TASK DIRECTIONS: Filter the entries, keeping every line with the string "next".

# # # # #

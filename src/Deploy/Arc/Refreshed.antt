-- ===== src/Deploy/Arc/Refreshed.antt =====
-- The entries of an Arc deployment after a refresh (scripts/lib/arc-deployment.mjs).
use mathlib.Core.Path.{subst}
use aqua_orbital.Prelude.{
  ℕ, ◌+◌, ◌*◌, ◌≡◌, ◌⊎◌, inl, inr, refl, sym, ap, ◌∙◌, List, [], ◌∷◌, ◌++◌, Option, none, some,
  length, ok, or_fail, >>=-elim, ok-injective,
}
use aqua_orbital.Deploy.Arc.{
  rpc_failed, Step, Transaction, Receipt, Entry, Plan, State, Rpc, validate_transaction,
  verify_entry, verify_all, pending_entry, confirm, promote, settle_pending, refresh,
}
use aqua_orbital.Deploy.Arc.Reviews.{IsConfirmed, verify_entry-IsConfirmed}

-- The entries are confirmed, each as the step of its place.
abbrev pub AllConfirmed : Rpc → Plan → List Step → List Entry → Type 0
AllConfirmed rpc plan ss [] = Unit
AllConfirmed rpc plan [] (e ∷ es) = ⊥
AllConfirmed rpc plan (s ∷ ss) (e ∷ es) =
    IsConfirmed plan s rpc e.hash e.review × AllConfirmed rpc plan ss es

-- The steps that are left once the entries are taken away.
abbrev pub drop_steps : List Step → List Entry → List Step
drop_steps ss [] = ss
drop_steps [] (e ∷ es) = []
drop_steps (s ∷ ss) (e ∷ es) = drop_steps ss es

cons-injective : {s t : Step} {ss ts : List Step} → ◌≡◌ {A = List Step} (s ∷ ss) (t ∷ ts) → s ≡ t
cons-injective h = cc

-- A refresh keeps the state, or confirms the pending transaction as the next step.
pub record IsPromoted (state out : State) : Type 0 where
  pub entry : Entry
  pub pending : state.pending_hash ≡ some entry.hash
  pub reviewed : entry.review ≡ state.review
  pub confirmed : out.confirmed ≡ state.confirmed ++ entry ∷ []
  pub settled : out.pending_hash ≡ none
  pub cleared : out.review ≡ none

module _ (keccak : List ℕ → ℕ) (rpc : Rpc) (plan : Plan) where
  verify_all-AllConfirmed :
      (clock : ℕ) (ss : List Step) (es : List Entry) (rest : List Step)
      → verify_all keccak rpc clock plan ss es ≡ ok rest
      → AllConfirmed rpc plan ss es × (rest ≡ drop_steps ss es)
  unfolding verify_all
  verify_all-AllConfirmed clock ss [] rest e = (tt, sym (ok-injective e))
  verify_all-AllConfirmed clock [] (x ∷ es) rest e = cc
  verify_all-AllConfirmed clock (s ∷ ss) (x ∷ es) rest e =
      >>=-elim (verify_entry keccak rpc clock plan s x) _ e (λ v verified e1.
        let (later, left) = verify_all-AllConfirmed (clock + 2) ss es rest e1 in
        (((verify_entry-IsConfirmed plan s keccak rpc clock x v verified).0, later), left))

  AllConfirmed-snoc :
      (ss : List Step) (es : List Entry) (s : Step) (left : List Step) (x : Entry)
      → AllConfirmed rpc plan ss es
      → drop_steps ss es ≡ s ∷ left
      → IsConfirmed plan s rpc x.hash x.review
      → AllConfirmed rpc plan ss (es ++ x ∷ [])
  AllConfirmed-snoc [] [] s left x h d c = cc
  AllConfirmed-snoc (t ∷ ss) [] s left x h d c =
      (subst (λ k. IsConfirmed plan k rpc x.hash x.review) (cons-injective (sym d)) c, tt)
  AllConfirmed-snoc [] (y ∷ es) s left x h d c = absurd h
  AllConfirmed-snoc (t ∷ ss) (y ∷ es) s left x h d c =
      (h.0, AllConfirmed-snoc ss es s left x h.1 d c)

  -- What is known of the state after a refresh.
  abbrev pub IsRefreshed : State → State → Type 0
  IsRefreshed state out =
      AllConfirmed rpc plan plan.steps out.confirmed × ((out ≡ state) ⊎ IsPromoted state out)

  confirm-IsRefreshed :
      (clock : ℕ) (step : Step) (left : List Step) (hash : ℕ) (state out : State)
      (receipt : Option Receipt)
      → AllConfirmed rpc plan plan.steps state.confirmed
      → drop_steps plan.steps state.confirmed ≡ step ∷ left
      → state.pending_hash ≡ some hash
      → confirm keccak rpc clock plan step hash state receipt ≡ ok out
      → IsRefreshed state out
  confirm-IsRefreshed clock step left hash state out none h d p e = (
    subst (λ (s : State). AllConfirmed rpc plan plan.steps s.confirmed) (ok-injective e) h,
    inl (sym (ok-injective e)),
  )
  confirm-IsRefreshed clock step left hash state out (some r) h d p e =
      >>=-elim (verify_entry keccak rpc clock plan step (pending_entry hash state)) _ e
        (λ x verified e1.
          let (good, same_hash, same_review) =
            verify_entry-IsConfirmed plan step keccak rpc clock (pending_entry hash state) x
              verified in
          let moved =
            subst (λ k. IsConfirmed plan step rpc x.hash k) (sym same_review)
              (subst (λ n. IsConfirmed plan step rpc n state.review) (sym same_hash) good) in
          subst (IsRefreshed state) (ok-injective e1) (
            AllConfirmed-snoc plan.steps state.confirmed step left x h d moved,
            inr (record {
              entry = x;
              pending = p ∙ ap (λ (n : ℕ). some n) (sym same_hash);
              reviewed = same_review;
              confirmed = refl;
              settled = refl;
              cleared = refl;
            }),
          ))

  promote-IsRefreshed :
      (clock : ℕ) (step : Step) (left : List Step) (hash : ℕ) (state out : State)
      (tx : Option Transaction)
      → AllConfirmed rpc plan plan.steps state.confirmed
      → drop_steps plan.steps state.confirmed ≡ step ∷ left
      → state.pending_hash ≡ some hash
      → promote keccak rpc clock plan step hash state tx ≡ ok out
      → IsRefreshed state out
  promote-IsRefreshed clock step left hash state out none h d p e = (
    subst (λ (s : State). AllConfirmed rpc plan plan.steps s.confirmed) (ok-injective e) h,
    inl (sym (ok-injective e)),
  )
  promote-IsRefreshed clock step left hash state out (some tx) h d p e =
      >>=-elim (validate_transaction plan step state.review tx) _ e (λ u valid e1.
        >>=-elim (or_fail (rpc.receipt clock hash) rpc_failed) _ e1
          (λ r asked e2. confirm-IsRefreshed (clock + 2) step left hash state out r h d p e2))

  settle_pending-IsRefreshed :
      (clock : ℕ) (rest : List Step) (state out : State) (pending : Option ℕ)
      → AllConfirmed rpc plan plan.steps state.confirmed
      → rest ≡ drop_steps plan.steps state.confirmed
      → state.pending_hash ≡ pending
      → settle_pending keccak rpc clock plan rest state pending ≡ ok out
      → IsRefreshed state out
  unfolding settle_pending
  settle_pending-IsRefreshed clock rest state out none h d p e = (
    subst (λ (s : State). AllConfirmed rpc plan plan.steps s.confirmed) (ok-injective e) h,
    inl (sym (ok-injective e)),
  )
  settle_pending-IsRefreshed clock [] state out (some hash) h d p e = cc
  settle_pending-IsRefreshed clock (step ∷ rest) state out (some hash) h d p e =
      >>=-elim (or_fail (rpc.transaction clock hash) rpc_failed) _ e
        (λ tx asked e1. promote-IsRefreshed clock step rest hash state out tx h (sym d) p e1)

-- If `refresh` succeeds, every entry that is kept has, as the step of its place in the plan, a review and a
-- transaction that the provider has: from the deployer, on Arc, with the step's recipient, data and nonce,
-- no native value, at most the capped and the reviewed gas, and at most the reviewed fees; the provider
-- has its successful receipt at the step's address; and the state is the one before, or its pending
-- transaction has become the next entry, and no review is left.
pub refresh-IsRefreshed :
    (keccak : List ℕ → ℕ) (rpc : Rpc) (clock : ℕ) (plan : Plan) (state out : State)
    → refresh keccak rpc clock plan state ≡ ok out
    → IsRefreshed keccak rpc plan state out
unfolding refresh
refresh-IsRefreshed keccak rpc clock plan state out e =
    >>=-elim (verify_all keccak rpc clock plan plan.steps state.confirmed) _ e (λ rest verified e1.
      let (confirmed, left) =
        verify_all-AllConfirmed keccak rpc plan clock plan.steps state.confirmed rest verified in
      settle_pending-IsRefreshed keccak rpc plan (clock + 2 * length state.confirmed) rest state out
        state.pending_hash confirmed left refl e1)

# # # # #

WRITTEN RESPONSE:
-- A refresh keeps the state, or confirms the pending transaction as the next step.
-- transaction has become the next entry, and no review is left.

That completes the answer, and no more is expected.